Il film pero' e' di Kubrik... piccolo particolare non trascurabile 

	
	
		
		
	


	




The Shining e' una combinazione esplosiva... gli altri film tratti dai libri di King non hanno raggiunto lo stesso risultato... non trasmettono quella fastidiosa paura primordiale


----------



## Old reale (14 Aprile 2009)

Brugola ha detto:


> idem
> ti lasciano nel retro cervello immagini terribili che continuano a lavorare nell'inconscio.
> preferisco ridere


 non per quel motivo, anche se devo dire che "profondo rosso" mi ha fatto parecchia paura molti anni dopo averlo rivisto, ma solo perchè me lo sono rivisto quasi tutto in sogno qualche notte dopo. un terrore che ti lascio immaginare.
anche io comunque preferisco ridere...anche con poco. ho deciso che mi voglio rivedere "vieni avanti cretino"


----------



## brugola (14 Aprile 2009)

reale ha detto:


> tutto in sogno qualche notte dopo. un terrore che ti lascio immaginare.
> anche io comunque preferisco ridere...anche con poco. *ho deciso che mi voglio rivedere "vieni avanti cretino*"


 
non mi rivolgere più la parola racchione!!


----------



## Nobody (14 Aprile 2009)

Asudem ha detto:


> ma se shining è di king!!
> e poi guarda che carrie è di brian de palma non il primo pirla qualsiasi!!
> 
> 
> ...


 L'unico trasposizione uscita bene... però grazie al kaiser, il regista era Kubrick!
Pet è un libro magnifico... ma il film secondo me è un fallimento. Non da tensione, non crea atmosfera... boh.


----------



## Nobody (14 Aprile 2009)

Lettrice ha detto:


> Il film pero' e' di Kubrik... piccolo particolare non trascurabile
> 
> 
> 
> ...


 Paradossalmente, secondo me dopo Shining la migliore trasposizione di King è "Le ali della libertà". Un romanzo carcerario, che non ha nulla dell'horror.


----------



## Old reale (14 Aprile 2009)

Brugola ha detto:


> non mi rivolgere più la parola racchione!!
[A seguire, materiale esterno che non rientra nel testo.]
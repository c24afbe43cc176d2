-- ===== src/File/Apply/Consistent.antt =====
-- The task `file` fails exactly when its result says so.
use sophons.Base.{Option, some, none, Bool, String}
use sophons.Base.Int.{ℤ}
use sophons.Base.Action.{Error}
use sophons.Os.{Os, WalkEntry}
use sophons.Util.Mode.{ModeArg}
use sophons.Result.Consistent.{
  IsConsistent, Reports, run-Reports, IsQuiet, consistent_rules, each-IsQuiet, raise-IsQuiet,
}
use sophons.File.{File, empty_file_result}
use sophons.File.Apply.{
  Task, make_directory, update_directory, finish_steps, later_steps, mark_and_update,
  update_and_mark, visit, walk, apply_absent, apply_directory, apply_file, visit_with, link_to_src,
  apply_link, create_missing, apply_touch, finish, dispatch, apply_body, apply,
}

module _ (os : Os) where
  mark_and_update-IsConsistent :
      (path : String) (mode : ModeArg) (uid gid : ℤ)
      → IsConsistent (mark_and_update os path mode uid gid)
  unfolding mark_and_update
  mark_and_update-IsConsistent path mode uid gid = search consistent_rules depth 8

  update_and_mark-IsConsistent :
      (path : String) (mode : ModeArg) (uid gid : ℤ)
      → IsConsistent (update_and_mark os path mode uid gid)
  unfolding update_and_mark
  update_and_mark-IsConsistent path mode uid gid = search consistent_rules depth 8

  visit-IsQuiet :
      (mode : ModeArg) (uid gid : ℤ) (entry : WalkEntry) → IsQuiet (visit os mode uid gid entry)
  unfolding visit
  visit-IsQuiet mode uid gid entry = visit_entry entry.error
    where
      visit_entry : (e : Option Error) → IsQuiet (visit_with os mode uid gid entry e)
      visit_entry (some e) = raise-IsQuiet e
      visit_entry none = search consistent_rules depth 8

  walk-IsQuiet :
      (path : String) (fn : WalkEntry → Task os (Unit {0}))
      → ((e : WalkEntry) → IsQuiet (fn e))
      → IsQuiet (walk os path fn)
  unfolding walk
  walk-IsQuiet path fn k = record {
    at = λ s h. (each-IsQuiet fn (os.walk_dir path s.world) k).at s h;
  }

  ruleset file_rules = (
    consistent_rules, mark_and_update-IsConsistent, update_and_mark-IsConsistent, visit-IsQuiet,
    walk-IsQuiet,
  )

  module _ (f : File) where
    apply_absent-IsConsistent : (found : Bool) → IsConsistent (apply_absent os f found)
    unfolding apply_absent
    apply_absent-IsConsistent found = search file_rules depth 8

    link_to_src-IsConsistent : (found : Bool) → IsConsistent (link_to_src os f found)
    unfolding link_to_src
    link_to_src-IsConsistent found = search file_rules depth 10

    apply_link-IsConsistent :
        (found : Bool) (uid gid : ℤ) → IsConsistent (apply_link os f found uid gid)
    unfolding apply_link
    apply_link-IsConsistent found uid gid = search (file_rules, link_to_src-IsConsistent) depth 8

    create_missing-IsConsistent : (found : Bool) → IsConsistent (create_missing os f found)
    unfolding create_missing
    create_missing-IsConsistent found = search file_rules depth 8

    apply_touch-IsConsistent :
        (found : Bool) (uid gid : ℤ) → IsConsistent (apply_touch os f found uid gid)
    unfolding apply_touch
    apply_touch-IsConsistent found uid gid =
        search (file_rules, create_missing-IsConsistent) depth 8

    finish_steps-IsConsistent : (changed : Bool) → IsConsistent (finish_steps os f changed)
    unfolding finish_steps later_steps
    finish_steps-IsConsistent changed = search file_rules depth 14

    finish-IsConsistent : IsConsistent (finish os f)
    unfolding finish
    finish-IsConsistent = record { at = λ s h. (finish_steps-IsConsistent s.extra.changed).at s h }

    make_directory-IsConsistent : (found : Bool) → IsConsistent (make_directory os f found)
    unfolding make_directory
    make_directory-IsConsistent found = search file_rules depth 8

    update_directory-IsConsistent : (uid gid : ℤ) → IsConsistent (update_directory os f uid gid)
    unfolding update_directory
    update_directory-IsConsistent uid gid = search file_rules depth 8

    apply_directory-IsConsistent :
        (found : Bool) (uid gid : ℤ) → IsConsistent (apply_directory os f found uid gid)
    unfolding apply_directory
    apply_directory-IsConsistent found uid gid =
        search
          (
            file_rules, make_directory-IsConsistent, update_directory-IsConsistent,
            finish-IsConsistent,
          )
          depth 8

    apply_file-IsConsistent :
        (found : Bool) (uid gid : ℤ) → IsConsistent (apply_file os f found uid gid)
    unfolding apply_file
    apply_file-IsConsistent found uid gid = search (file_rules, finish-IsConsistent) depth 8

    dispatch-IsConsistent :
        (state : String) (found : Bool) (uid gid : ℤ)
        → IsConsistent (dispatch os f state found uid gid)
    unfolding dispatch
    dispatch-IsConsistent state found uid gid =
        search
          (
            file_rules, apply_absent-IsConsistent, apply_directory-IsConsistent,
            apply_file-IsConsistent, apply_link-IsConsistent, apply_touch-IsConsistent,
            finish-IsConsistent,
          )
          depth 14

    apply_body-IsConsistent : IsConsistent (apply_body os f)
    unfolding apply_body
    apply_body-IsConsistent = search (file_rules, dispatch-IsConsistent) depth 8

    -- The task `file` returns an error exactly when its result has `failed` set, whatever the machine
    -- answers.
    pub apply-Reports : (w : os.World) → Reports (apply os f w)
    unfolding apply
    apply-Reports w = run-Reports (apply_body os f) empty_file_result w apply_body-IsConsistent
non fare la sofisticata che secondo me con "vieni avanti cretino" ride chiunque. le gag di avanspettacolo da cui trae origini il film ne fa quasi un cult, bottegaia....


----------



## Lettrice (14 Aprile 2009)

moltimodi ha detto:


> Paradossalmente, secondo me dopo Shining la migliore trasposizione di King è "Le ali della libertà". Un romanzo carcerario, che non ha nulla dell'horror.



Ho visto il film mai letto il libro... non pensavo manco fosse di King... quell'uomo caga libri!


----------



## Old reale (14 Aprile 2009)

posso dire che di un qualsiasi libro di king non sono mai riuscito ad andare (gli unici di cui ho provato la lettura sono appunto Pet sematary, shining e it) oltre le 20/30 pagine? l'ho detto...


----------



## Nobody (14 Aprile 2009)

reale ha detto:


> non fare la sofisticata che seco0ndo me con "*vieni avanti cretino"* ride chiunque. le gag di avanspettacolo da cui trae origini il film ne fa quasi un cult, bottegaia....


 Grandissimo Lino!!!!


----------



## Old reale (14 Aprile 2009)

moltimodi ha detto:


> Grandissimo Lino!!!!


 diglielo a 'sta bottegaia che non esiste solo woody allen...


----------



## Lettrice (14 Aprile 2009)

reale ha detto:


> posso dire che di un qualsiasi libro di king non sono mai riuscito ad andare (gli unici di cui ho provato la lettura sono appunto Pet sematary, shining e it) oltre le 20/30 pagine? l'ho detto...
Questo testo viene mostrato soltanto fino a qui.